**SOURCE DATA**
-- ===== src/Loop/Pending.antt =====
-- fire_pendings of src/loop.c: the pending calls run in the order in which they were scheduled.
use mathlib.Core.List.{mem-cons_of_mem, mem-cons_self}
use jega.Base.{
  length, ok, u32_mod, ℕ, zero, suc, ◌+◌, ◌≤◌, ◌<◌, ◌≡◌, refl, ap, ◌∙◌, Bool, true, false, none,
  some, List, [], ◌∷◌, Mem, arith,
}
use jega.Ring
use jega.Ring.Shift.{shift-cons, shift-nil}
use jega.Timer.{handle, Object, check_handle_obj}
use jega.Loop.{
  running, no_signal, Loop, World, is_running, less_one, check_stop_signal, call_object,
  fire_handle, fire_item, fire_pendings,
}
use jega.Ring.{Ring, queue_shift}

-- A handle that is to be called.
abbrev pub IsFresh : Object → Type 0
IsFresh o =
    (o.kind ≡ handle) × (o.cancelled ≡ false) × (o.called ≡ false) × (o.has_greenlet ≡ false)

-- Callbacks that leave the loop alone, but for the time that they take.
abbrev pub takes : (ℕ → ℕ → ℕ) → World
takes time = record { run = λ i l. record l { clock = time i l.clock }; dead = λ i l. false }

abbrev pub in_turn : (ℕ → ℕ → ℕ) → List ℕ → ℕ → ℕ
in_turn time [] clock = clock
in_turn time (i ∷ is) clock = in_turn time is (time i clock)

pub check_stop_signal-calm :
    (l : Loop) → l.state ≡ running → l.catch_signal ≡ no_signal → check_stop_signal l ≡ (false, l)
unfolding check_stop_signal
check_stop_signal-calm l on quiet = rw (on, quiet) refl

module _ (py_mem c_mem : ℕ → Bool) (time : ℕ → ℕ → ℕ) where
  fire_item-fresh :
      (i : ℕ) (l : Loop)
      → IsFresh (l.objs i)
      → fire_item py_mem c_mem (takes time) i l ≡ ok (record l { clock = time i l.clock })
  unfolding fire_item fire_handle call_object check_handle_obj
  fire_item-fresh i l (is_h, live, new, plain) = rw (is_h, live, new, plain) refl

  abbrev called : ℕ → Loop → Ring ℕ → Loop
  called i l r = record l { pendings = r; clock = time i l.clock; activecnt = less_one l.activecnt }

  fire_pendings-step :
      (fuel i : ℕ) (l : Loop) (r : Ring ℕ)
      → l.state ≡ running
      → l.raised ≡ false
      → l.catch_signal ≡ no_signal
      → queue_shift l.pendings ≡ ok (some i, r)
      → IsFresh (l.objs i)
      → fire_pendings py_mem c_mem (suc fuel) (takes time) l
        ≡ fire_pendings py_mem c_mem fuel (takes time) (called i l r)
  unfolding fire_pendings
  fire_pendings-step fuel i l r on clear quiet shifted fresh =
      let goes : is_running l.state ≡ true = ap is_running on in
      rw
        (
          goes,
          shifted,
          fire_item-fresh i (record l { pendings = r }) fresh,
          check_stop_signal-calm (called i l r) on quiet,
          clear,
        )
        refl

  fire_pendings-end :
      (fuel : ℕ) (l : Loop)
      → l.state ≡ running
      → queue_shift l.pendings ≡ ok (none, l.pendings)
      → fire_pendings py_mem c_mem (suc fuel) (takes time) l ≡ ok (true, l)
  unfolding fire_pendings
  fire_pendings-end fuel l on shifted = rw (ap is_running on, shifted) refl

  -- Pending handles that are to be called are called each once, in the order in which they were
  -- scheduled, and count no more: with callbacks that only take time, and no signal or exception
  -- pending, and fuel for one round more than
  -- there are handles, the clock shows all their times in turn, the queue is empty, and the loop
  -- still runs.
  pub fire_pendings-in_turn :
      (fuel : ℕ) (is : List ℕ) (l : Loop)
      → length is < fuel
      → Ring.Contents.Holds l.pendings is
      → ((i : ℕ) → Mem i is → IsFresh (l.objs i))
      → l.state ≡ running
      → l.raised ≡ false
      → l.catch_signal ≡ no_signal
      → length is ≤ l.activecnt
      → l.activecnt < u32_mod
      → (m : Loop) × (fire_pendings py_mem c_mem fuel (takes time) l ≡ ok (true, m))
        × (m.clock ≡ in_turn time is l.clock)
        × Ring.Contents.Holds m.pendings []
        × (m.activecnt + length is ≡ l.activecnt)
        × (m.objs ≡ l.objs)
        × (m.scheduled ≡ l.scheduled)
        × (m.state ≡ running)
        × (m.raised ≡ false)
        × (m.catch_signal ≡ no_signal)
  fire_pendings-in_turn zero is l enough p fresh on clear quiet counts word = absurd (omega arith)
  fire_pendings-in_turn (suc fuel) [] l enough p fresh on clear quiet counts word = (
    l,
    fire_pendings-end fuel l on (shift-nil l.pendings p),
    refl,
    p,
    omega arith,
    refl,
    refl,
    on,
    clear,
    quiet,
  )
  fire_pendings-in_turn (suc fuel) (i ∷ is) l enough p fresh on clear quiet counts word =
      let (r, shifted, q, same) = shift-cons l.pendings i is p in
      let (m, e, clock, empty, count, objs, heap, still, no_error, no_stop) =
        fire_pendings-in_turn fuel is (called i l r) (omega arith) q
          (λ j m. fresh j (mem-cons_of_mem i m)) on clear quiet (omega (arith, counts, word))
          (omega (arith, counts, word)) in
      (
        m,
        fire_pendings-step fuel i l r on clear quiet shifted (fresh i mem-cons_self) ∙ e,
        clock,
        empty,
        omega (arith, count, counts, word),
        objs,
        heap,
        still,
        no_error,
        no_stop,
      )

**DIRECTIONS**
Using only the entries above, output the line with "(fuel i : ℕ) (l : Loop) (r : Ring ℕ)", the line with "-- there are", and all lines between them, exactly as they stand.

**TASK SOLUTION**
      (fuel i : ℕ) (l : Loop) (r : Ring ℕ)
      → l.state ≡ running
      → l.raised ≡ false
      → l.catch_signal ≡ no_signal
      → queue_shift l.pendings ≡ ok (some i, r)
      → IsFresh (l.objs i)
      → fire_pendings py_mem c_mem (suc fuel) (takes time) l
        ≡ fire_pendings py_mem c_mem fuel (takes time) (called i l r)
  unfolding fire_pendings
  fire_pendings-step fuel i l r on clear quiet shifted fresh =
      let goes : is_running l.state ≡ true = ap is_running on in
      rw
        (
          goes,
          shifted,
          fire_item-fresh i (record l { pendings = r }) fresh,
          check_stop_signal-calm (called i l r) on quiet,
          clear,
        )
        refl

  fire_pendings-end :
      (fuel : ℕ) (l : Loop)
      → l.state ≡ running
      → queue_shift l.pendings ≡ ok (none, l.pendings)
      → fire_pendings py_mem c_mem (suc fuel) (takes time) l ≡ ok (true, l)
  unfolding fire_pendings
  fire_pendings-end fuel l on shifted = rw (ap is_running on, shifted) refl

  -- Pending handles that are to be called are called each once, in the order in which they were
  -- scheduled, and count no more: with callbacks that only take time, and no signal or exception
  -- pending, and fuel for one round more than
  -- there are handles, the clock shows all their times in turn, the queue is empty, and the loop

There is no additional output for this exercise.